__WHAT YOU SHOULD DO__.
The entries that follow include a run beginning at the line with "module _ ⦃x" and ending at the line with "(n : ℕ) (c : Core) (s : Shared)"; restate that run word for word and leave the rest out.

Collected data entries
•••
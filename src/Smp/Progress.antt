-- ===== src/Smp/Progress.antt =====
-- Each step of the start brings its end nearer, and one is possible until the end.
use silicium_rs.Base.{
  ℕ, ◌+◌, ◌-◌, ◌<◌, ◌≡◌, ◌≢◌, ◌∙◌, sym, ◌⊎◌, inl, inr, refl, ap, arith, false, some, Outcome, done,
  panicked, Panic, length, get_elem?, get_elem?_of_lt, length-set, lt_of_get_elem?, ℕ_discrete,
  dec_lt,
}
use silicium_rs.Crates.Addresses.{Addresses}
use silicium_rs.Crates.BitFlags.{BitFlags}
use silicium_rs.Crates.PageTables.{PageTables}
use silicium_rs.Crates.VirtualRanges.{VirtualRanges}
use silicium_rs.Crates.SegmentTables.{SegmentTables}
use silicium_rs.Smp.Local.{gdt_entries}
use silicium_rs.Smp.Totals.{total, total-set, total-other, total-lt}
use silicium_rs.Smp.System.{
  parked, told, Core, Boot, telling, waiting, finished, Shared, ap_step, System, is_idle, Step,
  tell, skip, all_told, all_started, work,
}
use silicium_rs.Smp.Counted.{started, started-le, steps_left, reached_eq, Step-Worked, IsCounted}

abbrev pub boot_left : Boot → ℕ → ℕ
boot_left (telling i) n = 2 + (n - i)
boot_left waiting n = 1
boot_left finished n = 0

abbrev pub core_left : Core → ℕ
core_left c = steps_left c.phase

module _ ⦃x : Addresses⦄ ⦃bits : BitFlags⦄ ⦃pt : PageTables⦄ ⦃ranges : VirtualRanges⦄
    ⦃gdt : SegmentTables gdt_entries⦄ where
  -- A bound on the steps that are left.
  abbrev pub all_left : System → ℕ
  all_left s = total core_left s.cores + boot_left s.boot (length s.cores)

  boot_left_eq :
      (s : System) {b : Boot}
      → s.boot ≡ b
      → boot_left s.boot (length s.cores) ≡ boot_left b (length s.cores)
  boot_left_eq s e = ap (λ b. boot_left b (length s.cores)) e

  pub Step-less :
      {n first : ℕ} {s t : System} → IsCounted first s → Step n first s t → all_left t < all_left s
  Step-less {n} {first} {s} v (tell i c b g z) =
      let pk : c.phase ≡ parked = v.untold i c g (omega (arith, reached_eq s b)) in
      let c' : Core = record c { phase = told } in
      omega (
        arith,
        total-set core_left s.cores i c c' g,
        ap steps_left pk,
        boot_left_eq s b,
        lt_of_get_elem? s.cores i c g,
        length-set s.cores i c',
      )
  Step-less {n} {first} {s} v (skip i c b g z) =
      omega (arith, boot_left_eq s b, lt_of_get_elem? s.cores i c g)
  Step-less {n} {first} {s} v (all_told b) = omega (arith, boot_left_eq s b)
  Step-less {n} {first} {s} v (all_started b e) = omega (arith, boot_left_eq s b)
  Step-less {n} {first} {s} v (work i c c' t ne g idle e) =
      let same = ap (λ (m : ℕ). boot_left s.boot m) (length-set s.cores i c') in
      omega (arith, total-set core_left s.cores i c c' g, (Step-Worked n idle e).nearer, same)

  -- A core whose next step is a panic.
  abbrev pub Panics : ℕ → ℕ → System → Type 0
  Panics n first s =
      (i : ℕ) × (c : Core) × (p : Panic) × (i ≢ first)
      × (get_elem? s.cores i ≡ some c)
      × (ap_step n c s.shared ≡ panicked p)

  ap_step_cases :
      (n : ℕ) (c : Core) (s : Shared)
      → ((c' : Core) × (t : Shared) × (ap_step n c s ≡ done (c', t)))
        ⊎ ((p : Panic) × (ap_step n c s ≡ panicked p))
  ap_step_cases n c s = outcome (ap_step n c s) refl
    where
      outcome :
          (o : Outcome (Core × Shared))
          → ap_step n c s ≡ o
          → ((c' : Core) × (t : Shared) × (ap_step n c s ≡ done (c', t)))
            ⊎ ((p : Panic) × (ap_step n c s ≡ panicked p))
      outcome (done (c', t)) e = inl (c', t, e)
      outcome (panicked p) e = inr (p, e)

  busy : (c : Core) → c.phase ≢ parked → started c ≡ 0 → is_idle c.phase ≡ false
  busy c p z = ground arith

  pub progress_of :
      (n first : ℕ) (s : System) (b : Boot)
      → IsCounted first s
      → s.boot ≡ b
      → first < length s.cores
      → ((j : ℕ) (c : Core) → get_elem? s.cores j ≡ some c → j ≢ first → c.info.lapic_id ≢ 0)
      → (s.boot ≡ finished) ⊎ ((t : System) × Step n first s t) ⊎ Panics n first s
  progress_of n first s finished v e f h = inl e
  progress_of n first s (telling i) v e f h = elim (dec_lt i (length s.cores)) [
    | yes lt ↦
        let (c, g) = get_elem?_of_lt s.cores i lt in
        elim (ℕ_discrete c.info.lapic_id 0) [
          | yes z ↦ inr (inl (_, skip i c e g z))
          | no z ↦ inr (inl (_, tell i c e g z))
        ]
    | no ge ↦
        let whole : i ≡ length s.cores = omega (arith, v.within, reached_eq s e) in
        inr (inl (_, all_told (e ∙ ap telling whole)))
  ]
  progress_of n first s waiting v e f h = elim (ℕ_discrete s.shared.count (length s.cores)) [
    | yes c ↦ inr (inl (_, all_started e c))
    | no ne ↦
        let (own, og) = get_elem?_of_lt s.cores first f in
        let few = total-lt started started-le s.cores first own og (v.own own og) in
        let (j, c, g, nj, z) =
          total-other started started-le s.cores first (omega (arith, v.counted, few)) in
        let unparked =
          v.none_left j c g (omega (arith, reached_eq s e, lt_of_get_elem? s.cores j c g))
            (h j c g (λ q. nj (sym q))) in
        elim (ap_step_cases n c s.shared) [
          | inl (c', t, a) ↦ inr (inl (_, work j c c' t (λ q. nj (sym q)) g (busy c unparked z) a))
          | inr (p, a) ↦ inr (inr (j, c, p, (λ q. nj (sym q)), g, a))
        ]
  ]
•••
__ANSWER BOX__.
module _ ⦃x : Addresses⦄ ⦃bits : BitFlags⦄ ⦃pt : PageTables⦄ ⦃ranges : VirtualRanges⦄
    ⦃gdt : SegmentTables gdt_entries⦄ where
  -- A bound on the steps that are left.
  abbrev pub all_left : System → ℕ
  all_left s = total core_left s.cores + boot_left s.boot (length s.cores)

  boot_left_eq :
      (s : System) {b : Boot}
      → s.boot ≡ b
      → boot_left s.boot (length s.cores) ≡ boot_left b (length s.cores)
  boot_left_eq s e = ap (λ b. boot_left b (length s.cores)) e

  pub Step-less :
      {n first : ℕ} {s t : System} → IsCounted first s → Step n first s t → all_left t < all_left s
  Step-less {n} {first} {s} v (tell i c b g z) =
      let pk : c.phase ≡ parked = v.untold i c g (omega (arith, reached_eq s b)) in
      let c' : Core = record c { phase = told } in
      omega (
        arith,
        total-set core_left s.cores i c c' g,
        ap steps_left pk,
        boot_left_eq s b,
        lt_of_get_elem? s.cores i c g,
        length-set s.cores i c',
      )
  Step-less {n} {first} {s} v (skip i c b g z) =
      omega (arith, boot_left_eq s b, lt_of_get_elem? s.cores i c g)
  Step-less {n} {first} {s} v (all_told b) = omega (arith, boot_left_eq s b)
  Step-less {n} {first} {s} v (all_started b e) = omega (arith, boot_left_eq s b)
  Step-less {n} {first} {s} v (work i c c' t ne g idle e) =
      let same = ap (λ (m : ℕ). boot_left s.boot m) (length-set s.cores i c') in
      omega (arith, total-set core_left s.cores i c c' g, (Step-Worked n idle e).nearer, same)

  -- A core whose next step is a panic.
  abbrev pub Panics : ℕ → ℕ → System → Type 0
  Panics n first s =
      (i : ℕ) × (c : Core) × (p : Panic) × (i ≢ first)
      × (get_elem? s.cores i ≡ some c)
      × (ap_step n c s.shared ≡ panicked p)

  ap_step_cases :
      (n : ℕ) (c : Core) (s : Shared)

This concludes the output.